(Source data)
=======
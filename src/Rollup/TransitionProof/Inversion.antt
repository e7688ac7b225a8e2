-- ===== src/Rollup/TransitionProof/Inversion.antt =====
-- What the bytes hold that `deserialize` accepts.
use quids_evm_cpp.Base.{
  ℕ, ◌+◌, ◌^◌, ◌≤◌, ◌<◌, ◌≡◌, refl, sym, ap, subst, ◌∙◌, inl, inr, Option, Option-cases, none, some,
  ◌++◌, Bytes, AreBytes, u64_mod, ◌-◌, ltb, if◌then◌else◌, length, take, drop, drop-add,
  length-take, length-drop, take-append-drop, arith,
}
use mathlib.Core.List.{append_assoc}
use quids_evm_cpp.Base.Encoding.{
  le_bytes, le_value, le_bytes-le_value, le_value-lt, take-AreBytes, drop-AreBytes,
}
use quids_evm_cpp.Rollup.TransitionProof.{ProofData, serialize, read_vector, deserialize}
use quids_evm_cpp.Rollup.TransitionProof.Decoding.{
  field, roots, HasRoots, HasSizes, serialize-laid, roots-laid,
}

-- The size that stands at a position with four bytes or more behind it.
size_at : Bytes → ℕ → ℕ
size_at bytes pos = le_value (take 4 (drop pos bytes))

module _ (bytes : Bytes) (pos : ℕ) (hb : AreBytes bytes) (room : pos + 4 ≤ length bytes) where
  length-size : length (take 4 (drop pos bytes)) ≡ 4
  length-size = omega (arith, length-take 4 (drop pos bytes), length-drop pos bytes, room)

  size_bytes : AreBytes (take 4 (drop pos bytes))
  size_bytes = take-AreBytes 4 (drop pos bytes) (drop-AreBytes pos bytes hb)

  size_at-lt : size_at bytes pos < 2 ^ 32
  unfolding size_at
  size_at-lt =
      subst (λ n. size_at bytes pos < 256 ^ n) length-size
        (le_value-lt (take 4 (drop pos bytes)) size_bytes)

  -- The four bytes are those of the size.
  le_bytes-size_at : le_bytes 4 (size_at bytes pos) ≡ take 4 (drop pos bytes)
  unfolding size_at
  le_bytes-size_at =
      subst (λ n. le_bytes n (size_at bytes pos) ≡ take 4 (drop pos bytes)) length-size
        (le_bytes-le_value (take 4 (drop pos bytes)) size_bytes)

module _ (bytes vec : Bytes) (pos end : ℕ) where
  read_room : pos < u64_mod - 4 → read_vector bytes pos ≡ (some vec, end) → pos + 4 ≤ length bytes
  unfolding read_vector
  read_room hp h = ground (arith, hp, h)

  read_parts :
      pos < u64_mod - 4 - 2 ^ 32
      → size_at bytes pos < 2 ^ 32
      → read_vector bytes pos ≡ (some vec, end)
      → (pos + 4 + size_at bytes pos ≤ length bytes)
        × (vec ≡ take (size_at bytes pos) (drop (pos + 4) bytes))
        × (end ≡ pos + 4 + size_at bytes pos)
  unfolding read_vector size_at
  read_parts hp hs h = ground (arith, hp, hs, h)

-- Where a vector is read, its field stands there, and what is behind it follows.
field_of_read :
    (bytes vec : Bytes) (pos end : ℕ)
    → AreBytes bytes
    → length bytes < u64_mod - 2 ^ 33
    → pos ≤ length bytes
    → read_vector bytes pos ≡ (some vec, end)
    → (drop pos bytes ≡ field vec ++ drop end bytes) × (length vec < 2 ^ 32) × (end ≤ length bytes)
field_of_read bytes vec pos end hb fits inside h =
    let room = read_room bytes vec pos end (omega (arith, fits, inside)) h in
    let small = size_at-lt bytes pos hb room in
    let (holds, is_vec, is_end) =
      read_parts bytes vec pos end (omega (arith, fits, inside)) small h in
    let measured : length vec ≡ size_at bytes pos = omega (
      arith,
      ap length is_vec,
      length-take (size_at bytes pos) (drop (pos + 4) bytes),
      length-drop (pos + 4) bytes,
      holds,
    ) in
    let four : take 4 (drop pos bytes) ≡ le_bytes 4 (length vec) =
      sym (ap (le_bytes 4) measured ∙ le_bytes-size_at bytes pos hb room) in
    let rest : drop (pos + 4) bytes ≡ vec ++ drop end bytes =
      sym (take-append-drop (size_at bytes pos) (drop (pos + 4) bytes))
      ∙ (ap (λ v. v ++ drop (size_at bytes pos) (drop (pos + 4) bytes)) (sym is_vec)
          ∙ ap (λ d. vec ++ d)
              (sym (drop-add (pos + 4) (size_at bytes pos) bytes)
                ∙ ap (λ n. drop n bytes) (sym is_end))) in
    (
      sym (take-append-drop 4 (drop pos bytes))
          ∙ (ap (λ v. v ++ drop 4 (drop pos bytes)) four
              ∙ (ap (λ d. le_bytes 4 (length vec) ++ d) (sym (drop-add pos 4 bytes) ∙ rest)
                  ∙ sym (append_assoc (le_bytes 4 (length vec)) vec (drop end bytes)))),
      omega (arith, measured, small),
      omega (arith, is_end, holds),
    )

guarded :
    {A : Type 0} (n : ℕ) (q p : A)
    → (if ltb n 96 then none else some q) ≡ some p
    → (96 ≤ n) × (q ≡ p)
guarded n q p h = ground (arith, h)

module _ (bytes : Bytes) (p : ProofData) where
  -- Where the reads of the two vectors end.
  abbrev zk_end : ℕ
  zk_end = (read_vector bytes 96).1

  abbrev signature_end : ℕ
  signature_end = (read_vector bytes zk_end).1

  -- The proof that is built from the bytes and two vectors.
  abbrev built : Bytes → Bytes → ProofData
  built zk signature = record {
    pre_state_root = take 32 bytes;
    post_state_root = take 32 (drop 32 bytes);
    transactions_root = take 32 (drop 64 bytes);
    zk_proof = zk;
    quantum_signature = signature;
  }

  deserialize_of_reads :
      (zk signature : Bytes)
      → (read_vector bytes 96).0 ≡ some zk
      → (read_vector bytes zk_end).0 ≡ some signature
      → deserialize bytes ≡ (if ltb (length bytes) 96 then none else some (built zk signature))
  unfolding deserialize
  deserialize_of_reads zk signature z q = rw (z, q) refl

  if_none : ◌≡◌ {A = Option ProofData} (if ltb (length bytes) 96 then none else none) none
  if_none = ground arith

  deserialize_of_first : (read_vector bytes 96).0 ≡ none → deserialize bytes ≡ none
  unfolding deserialize
  deserialize_of_first z = rw z if_none

  deserialize_of_second :
      (zk : Bytes)
      → (read_vector bytes 96).0 ≡ some zk
      → (read_vector bytes zk_end).0 ≡ none
      → deserialize bytes ≡ none
  unfolding deserialize
  deserialize_of_second zk z q = rw (z, q) if_none

  deserialize_parts :
      deserialize bytes ≡ some p
      → (96 ≤ length bytes)
        × ((read_vector bytes 96).0 ≡ some p.zk_proof)
        × ((read_vector bytes zk_end).0 ≡ some p.quantum_signature)
        × (built p.zk_proof p.quantum_signature ≡ p)
  deserialize_parts h = elim (Option-cases (read_vector bytes 96).0) [
    | inl none_read ↦ (let e : none ≡ some p = sym (deserialize_of_first none_read) ∙ h in cc)
    | inr (zk, zk_read) ↦ elim (Option-cases (read_vector bytes zk_end).0) [
      | inl none_read ↦
          (let e : none ≡ some p = sym (deserialize_of_second zk zk_read none_read) ∙ h in cc)
      | inr (signature, signature_read) ↦
          let (long, same) =
            guarded (length bytes) (built zk signature) p
              (sym (deserialize_of_reads zk signature zk_read signature_read) ∙ h) in
          (
            long,
            zk_read ∙ ap (λ q. some q.zk_proof) same,
            signature_read ∙ ap (λ q. some q.quantum_signature) same,
            ap (λ q. built q.zk_proof q.quantum_signature) (sym same) ∙ same,
          )
    ]
  ]

  built-HasRoots : 96 ≤ length bytes → (zk signature : Bytes) → HasRoots (built zk signature)
  built-HasRoots long zk signature = (
    omega (arith, long, length-take 32 bytes),
    omega (arith, long, length-take 32 (drop 32 bytes), length-drop 32 bytes),
    omega (arith, long, length-take 32 (drop 64 bytes), length-drop 64 bytes),
  )

  -- The three roots are the first 96 bytes.
  roots_front : (zk signature : Bytes) → bytes ≡ roots (built zk signature) ++ drop 96 bytes
  roots_front zk signature = sym (
      roots-laid (built zk signature) (drop 96 bytes)
      ∙ (ap (λ r. take 32 bytes ++ (take 32 (drop 32 bytes) ++ (take 32 (drop 64 bytes) ++ r)))
            (drop-add 64 32 bytes)
          ∙ (ap (λ r. take 32 bytes ++ (take 32 (drop 32 bytes) ++ r))
                (take-append-drop 32 (drop 64 bytes) ∙ drop-add 32 32 bytes)
              ∙ (ap (λ r. take 32 bytes ++ r) (take-append-drop 32 (drop 32 bytes))
                  ∙ take-append-drop 32 bytes))))

  -- Bytes that are accepted, fewer than 2 ^ 64 - 2 ^ 33 of them, begin with the binary form of the
  -- proof they are read as, so the reads stay within them: the roots have 32 bytes each and the
  -- vectors fewer than 2 ^ 32.
  pub deserialize-inverts :
      AreBytes bytes
      → length bytes < u64_mod - 2 ^ 33
      → deserialize bytes ≡ some p
      → HasRoots p × HasSizes p × ((rest : Bytes) × (bytes ≡ serialize p ++ rest))
  deserialize-inverts hb fits h =
      let (long, zk_read, signature_read, same) = deserialize_parts h in
      let (zk_field, zs, zk_inside) =
        field_of_read bytes p.zk_proof 96 zk_end hb fits long (ap (λ z. (z, zk_end)) zk_read) in
      let (signature_field, qs, end_inside) =
        field_of_read bytes p.quantum_signature zk_end signature_end hb fits zk_inside
          (ap (λ z. (z, signature_end)) signature_read) in
      let behind : drop 96 bytes
          ≡ (field p.zk_proof ++ field p.quantum_signature) ++ drop signature_end bytes =
        zk_field
        ∙ (ap (λ r. field p.zk_proof ++ r) signature_field
            ∙ sym (
                append_assoc (field p.zk_proof) (field p.quantum_signature)
                  (drop signature_end bytes))) in
      (
        subst HasRoots same (built-HasRoots long p.zk_proof p.quantum_signature),
        (zs, qs),
        (
          drop signature_end bytes,
          roots_front p.zk_proof p.quantum_signature
              ∙ (ap (λ q. roots q ++ drop 96 bytes) same
                  ∙ (ap (λ r. roots p ++ r) behind
                      ∙ (sym (
                            append_assoc (roots p) (field p.zk_proof ++ field p.quantum_signature)
                              (drop signature_end bytes))
                          ∙ ap (λ r. r ++ drop signature_end bytes)
                              (sym (serialize-laid p (zs, qs)))))),
        ),
      )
=======
Work instruction
Now copy each line of the entries that mentions "module".

Result below
module _ (bytes : Bytes) (pos : ℕ) (hb : AreBytes bytes) (room : pos + 4 ≤ length bytes) where
module _ (bytes vec : Bytes) (pos end : ℕ) where
module _ (bytes : Bytes) (p : ProofData) where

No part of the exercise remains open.